### BRIEF
In the material below, transcribe every line from the first through the line holding "class_of Kind.number_field = input", exactly, and stop after that line.
□ □ □
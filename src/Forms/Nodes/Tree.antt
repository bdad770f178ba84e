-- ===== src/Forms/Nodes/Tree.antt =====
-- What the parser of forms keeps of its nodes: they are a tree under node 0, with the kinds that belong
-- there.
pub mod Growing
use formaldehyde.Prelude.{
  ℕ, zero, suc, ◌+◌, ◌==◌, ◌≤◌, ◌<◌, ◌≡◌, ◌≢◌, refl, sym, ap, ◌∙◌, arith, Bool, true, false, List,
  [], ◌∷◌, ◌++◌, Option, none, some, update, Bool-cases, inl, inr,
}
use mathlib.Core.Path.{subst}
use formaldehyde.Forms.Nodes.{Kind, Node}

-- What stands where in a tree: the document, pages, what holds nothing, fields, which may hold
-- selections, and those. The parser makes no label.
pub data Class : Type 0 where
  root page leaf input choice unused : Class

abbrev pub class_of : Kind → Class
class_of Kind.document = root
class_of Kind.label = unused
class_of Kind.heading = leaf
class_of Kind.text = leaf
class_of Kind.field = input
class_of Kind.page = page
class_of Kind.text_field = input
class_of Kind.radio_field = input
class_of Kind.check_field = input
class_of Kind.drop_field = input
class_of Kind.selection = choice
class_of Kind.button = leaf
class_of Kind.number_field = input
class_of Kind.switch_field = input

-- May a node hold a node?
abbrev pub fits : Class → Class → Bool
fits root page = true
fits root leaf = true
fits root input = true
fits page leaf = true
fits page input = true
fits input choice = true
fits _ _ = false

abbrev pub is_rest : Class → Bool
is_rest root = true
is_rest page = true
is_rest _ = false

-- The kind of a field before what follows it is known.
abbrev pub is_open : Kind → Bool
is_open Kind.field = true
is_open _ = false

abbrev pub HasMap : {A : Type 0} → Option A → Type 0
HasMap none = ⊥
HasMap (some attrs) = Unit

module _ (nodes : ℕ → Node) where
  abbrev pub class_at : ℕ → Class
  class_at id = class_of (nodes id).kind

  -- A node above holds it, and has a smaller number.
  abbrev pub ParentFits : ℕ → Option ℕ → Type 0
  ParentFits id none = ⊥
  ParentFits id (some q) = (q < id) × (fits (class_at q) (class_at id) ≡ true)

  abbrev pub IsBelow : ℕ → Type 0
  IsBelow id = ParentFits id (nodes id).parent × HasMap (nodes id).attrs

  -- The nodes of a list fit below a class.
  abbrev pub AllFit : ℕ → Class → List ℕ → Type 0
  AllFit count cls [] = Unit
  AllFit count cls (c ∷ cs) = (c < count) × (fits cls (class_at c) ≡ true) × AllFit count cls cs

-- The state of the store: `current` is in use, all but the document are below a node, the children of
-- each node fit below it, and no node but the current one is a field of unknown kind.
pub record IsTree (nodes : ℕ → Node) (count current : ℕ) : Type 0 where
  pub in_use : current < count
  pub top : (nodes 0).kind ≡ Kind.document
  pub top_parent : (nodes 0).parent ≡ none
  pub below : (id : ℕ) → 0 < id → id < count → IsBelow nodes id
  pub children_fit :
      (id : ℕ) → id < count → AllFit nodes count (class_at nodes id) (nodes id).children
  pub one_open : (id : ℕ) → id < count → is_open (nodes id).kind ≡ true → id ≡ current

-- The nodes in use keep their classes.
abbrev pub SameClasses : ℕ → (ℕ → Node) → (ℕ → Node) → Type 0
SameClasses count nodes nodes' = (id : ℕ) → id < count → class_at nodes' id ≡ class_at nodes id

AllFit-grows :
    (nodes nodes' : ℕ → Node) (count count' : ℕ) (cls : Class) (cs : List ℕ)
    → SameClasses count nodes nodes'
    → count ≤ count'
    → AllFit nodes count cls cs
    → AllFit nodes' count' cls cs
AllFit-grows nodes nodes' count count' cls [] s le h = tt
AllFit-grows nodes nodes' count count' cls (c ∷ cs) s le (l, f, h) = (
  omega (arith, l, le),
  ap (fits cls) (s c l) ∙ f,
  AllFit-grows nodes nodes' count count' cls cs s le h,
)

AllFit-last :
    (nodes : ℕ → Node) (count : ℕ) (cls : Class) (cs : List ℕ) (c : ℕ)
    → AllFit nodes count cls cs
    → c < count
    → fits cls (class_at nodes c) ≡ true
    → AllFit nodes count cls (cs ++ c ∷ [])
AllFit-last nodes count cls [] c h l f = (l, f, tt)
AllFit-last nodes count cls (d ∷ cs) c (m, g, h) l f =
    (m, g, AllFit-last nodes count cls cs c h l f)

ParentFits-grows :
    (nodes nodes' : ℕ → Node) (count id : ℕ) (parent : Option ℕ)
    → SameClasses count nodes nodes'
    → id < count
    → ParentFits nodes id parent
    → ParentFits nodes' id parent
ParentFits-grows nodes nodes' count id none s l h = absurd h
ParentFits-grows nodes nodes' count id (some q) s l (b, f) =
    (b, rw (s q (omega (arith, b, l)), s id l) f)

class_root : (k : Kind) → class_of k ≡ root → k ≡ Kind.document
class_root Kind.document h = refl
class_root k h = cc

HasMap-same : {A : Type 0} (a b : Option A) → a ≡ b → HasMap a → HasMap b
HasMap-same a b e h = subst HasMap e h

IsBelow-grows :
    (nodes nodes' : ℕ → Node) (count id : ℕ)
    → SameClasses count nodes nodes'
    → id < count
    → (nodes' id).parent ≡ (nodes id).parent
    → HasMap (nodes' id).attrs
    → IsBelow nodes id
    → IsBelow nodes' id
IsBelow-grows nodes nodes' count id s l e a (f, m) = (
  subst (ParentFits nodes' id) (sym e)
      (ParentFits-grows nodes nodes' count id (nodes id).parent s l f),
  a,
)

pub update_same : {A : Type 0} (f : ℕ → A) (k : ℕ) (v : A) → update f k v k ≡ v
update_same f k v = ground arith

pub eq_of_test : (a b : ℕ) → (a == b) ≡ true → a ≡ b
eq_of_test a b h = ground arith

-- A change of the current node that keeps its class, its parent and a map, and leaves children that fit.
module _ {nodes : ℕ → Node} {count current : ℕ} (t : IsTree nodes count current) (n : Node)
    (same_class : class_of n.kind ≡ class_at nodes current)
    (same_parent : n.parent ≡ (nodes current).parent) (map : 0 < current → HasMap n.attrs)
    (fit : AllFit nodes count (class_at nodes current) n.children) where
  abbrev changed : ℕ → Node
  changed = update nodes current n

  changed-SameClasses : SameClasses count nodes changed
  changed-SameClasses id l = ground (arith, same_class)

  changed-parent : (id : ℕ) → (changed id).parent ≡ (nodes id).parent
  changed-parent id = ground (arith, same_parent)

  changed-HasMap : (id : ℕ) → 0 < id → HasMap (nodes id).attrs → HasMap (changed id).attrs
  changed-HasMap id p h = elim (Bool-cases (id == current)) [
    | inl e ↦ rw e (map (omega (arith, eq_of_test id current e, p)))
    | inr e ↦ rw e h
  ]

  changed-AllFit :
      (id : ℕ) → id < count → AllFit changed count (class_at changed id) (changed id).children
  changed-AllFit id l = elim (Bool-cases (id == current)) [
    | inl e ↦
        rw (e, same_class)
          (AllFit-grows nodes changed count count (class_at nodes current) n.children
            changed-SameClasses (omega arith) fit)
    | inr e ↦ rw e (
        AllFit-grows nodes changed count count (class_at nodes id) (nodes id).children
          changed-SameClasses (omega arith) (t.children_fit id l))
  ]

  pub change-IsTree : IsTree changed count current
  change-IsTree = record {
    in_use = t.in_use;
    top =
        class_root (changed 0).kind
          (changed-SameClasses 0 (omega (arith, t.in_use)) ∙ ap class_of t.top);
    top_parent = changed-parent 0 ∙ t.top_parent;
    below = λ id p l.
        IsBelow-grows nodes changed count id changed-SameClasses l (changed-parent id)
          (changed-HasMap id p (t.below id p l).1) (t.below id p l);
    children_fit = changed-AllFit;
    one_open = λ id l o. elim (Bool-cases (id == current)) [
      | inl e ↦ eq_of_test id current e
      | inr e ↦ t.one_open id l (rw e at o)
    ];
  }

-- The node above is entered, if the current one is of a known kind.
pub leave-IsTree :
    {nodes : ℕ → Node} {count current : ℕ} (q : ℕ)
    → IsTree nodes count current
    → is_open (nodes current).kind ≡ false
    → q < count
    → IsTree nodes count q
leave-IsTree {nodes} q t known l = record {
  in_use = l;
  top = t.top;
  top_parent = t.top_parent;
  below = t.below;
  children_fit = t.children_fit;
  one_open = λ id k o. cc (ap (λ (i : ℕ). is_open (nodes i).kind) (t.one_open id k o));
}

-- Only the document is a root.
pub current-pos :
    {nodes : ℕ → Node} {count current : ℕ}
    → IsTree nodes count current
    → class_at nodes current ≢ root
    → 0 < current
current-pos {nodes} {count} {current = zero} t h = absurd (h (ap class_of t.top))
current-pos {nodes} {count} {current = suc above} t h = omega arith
□ □ □
### RESPONSE TO THE TASK
filename src/Forms/Nodes/Tree.antt
repository bdad770f178ba84e
-- ===== src/Forms/Nodes/Tree.antt =====
-- What the parser of forms keeps of its nodes: they are a tree under node 0, with the kinds that belong
-- there.
pub mod Growing
use formaldehyde.Prelude.{
  ℕ, zero, suc, ◌+◌, ◌==◌, ◌≤◌, ◌<◌, ◌≡◌, ◌≢◌, refl, sym, ap, ◌∙◌, arith, Bool, true, false, List,
  [], ◌∷◌, ◌++◌, Option, none, some, update, Bool-cases, inl, inr,
}
use mathlib.Core.Path.{subst}
use formaldehyde.Forms.Nodes.{Kind, Node}

-- What stands where in a tree: the document, pages, what holds nothing, fields, which may hold
-- selections, and those. The parser makes no label.
pub data Class : Type 0 where
  root page leaf input choice unused : Class

abbrev pub class_of : Kind → Class
class_of Kind.document = root
class_of Kind.label = unused
class_of Kind.heading = leaf
class_of Kind.text = leaf
class_of Kind.field = input
class_of Kind.page = page
class_of Kind.text_field = input
class_of Kind.radio_field = input
class_of Kind.check_field = input
class_of Kind.drop_field = input
class_of Kind.selection = choice
class_of Kind.button = leaf
class_of Kind.number_field = input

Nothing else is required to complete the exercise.